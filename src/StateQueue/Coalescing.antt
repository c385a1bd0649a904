-- ===== src/StateQueue/Coalescing.antt =====
-- What the writer gets from the queue, against the history of what was put in and taken out.
use arcrelay_protocol.Prelude.{
  inl, inr, ℕ, ◌≡◌, refl, Option, none, some, List, [], ◌∷◌, arith, ltb, nat_eq, same,
  if◌then◌else◌, get, get-remove, get-insert, IsDistinct, remove-IsDistinct, insert-IsDistinct,
  Option-cases,
}
use arcrelay_protocol.StateQueue.{FrameApi, LatestStateQueue, empty, replace, recv}

-- What happens to the queue.
pub data Action (Frame : Type 0) : Type 0 where
  replaced : Frame → Action Frame
  received : ℕ → Action Frame

module _ {Frame : Type 0} (api : FrameApi Frame) where
  pub run : List (Action Frame) → LatestStateQueue Frame
  unfolding replace recv
  run [] = empty
  run (replaced frame ∷ before) = replace api frame (run before)
  run (received id ∷ before) = (recv id (run before)).0

  -- The frame that a subscription waits for, read off the history, the latest action first: the last
  -- one that was put in for it, fits, and has not been taken.
  unfoldable pub pending : List (Action Frame) → ℕ → Option Frame
  pending [] id = none
  pending (replaced frame ∷ before) id =
      let older = pending before id in
      if ltb api.max_control_frame_size (api.encoded_len frame)
      then older
      else elim (api.event frame) [
        | none ↦ older
        | some target ↦ if same id target then some frame else older
      ]
  pending (received target ∷ before) id =
      let older = pending before id in if same id target then none else older

  frames-pending : (h : List (Action Frame)) (id : ℕ) → get id (run h).frames ≡ pending h id
  unfolding run pending replace recv
  frames-pending [] id = unfold get in refl
  frames-pending (replaced frame ∷ before) id = elim (Option-cases (api.event frame)) [
    | inl other ↦ ground (arith, other, frames-pending before id)
    | inr (target, e) ↦
        ground (arith, e, frames-pending before id, get-insert id target frame (run before).frames)
  ]
  frames-pending (received target ∷ before) id =
      elim (Option-cases (get target (run before).frames)) [
        | inl miss ↦ ground (arith, miss, frames-pending before id, frames-pending before target)
        | inr (frame, hit) ↦
            ground (arith, hit, frames-pending before id, get-remove id target (run before).frames)
      ]

  run-IsDistinct : (h : List (Action Frame)) → IsDistinct (run h).frames
  unfolding run replace recv
  run-IsDistinct [] = _
  run-IsDistinct (replaced frame ∷ before) = elim (Option-cases (api.event frame)) [
    | inl other ↦ ground (arith, other, run-IsDistinct before)
    | inr (target, e) ↦ ground (
      arith,
      e,
      run-IsDistinct before,
      insert-IsDistinct target frame (run before).frames (run-IsDistinct before),
    )
  ]
  run-IsDistinct (received target ∷ before) = elim (Option-cases (get target (run before).frames)) [
    | inl miss ↦ ground (arith, miss, run-IsDistinct before)
    | inr (frame, hit) ↦
        ground (arith, hit, remove-IsDistinct target (run before).frames (run-IsDistinct before))
  ]

  -- After any calls, the queue holds at most one frame of a subscription; and when the writer comes to
  -- a subscription, it gets the last frame that was put in for it, fits, and was not taken before, or
  -- none if there is none.
  pub recv-pending :
      (h : List (Action Frame)) (id : ℕ)
      → IsDistinct (run h).frames × ((recv id (run h)).1 ≡ pending h id)
  unfolding recv
  recv-pending h id = (
    run-IsDistinct h,
    elim (Option-cases (get id (run h).frames)) [
      | inl miss ↦ ground (arith, miss, frames-pending h id)
      | inr (frame, hit) ↦ ground (arith, hit, frames-pending h id)
    ],
  )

::::::::::

**Work request:**
Go through the data above and tally every line that includes "replaced". State only the total.

**Solution to the exercise:**
5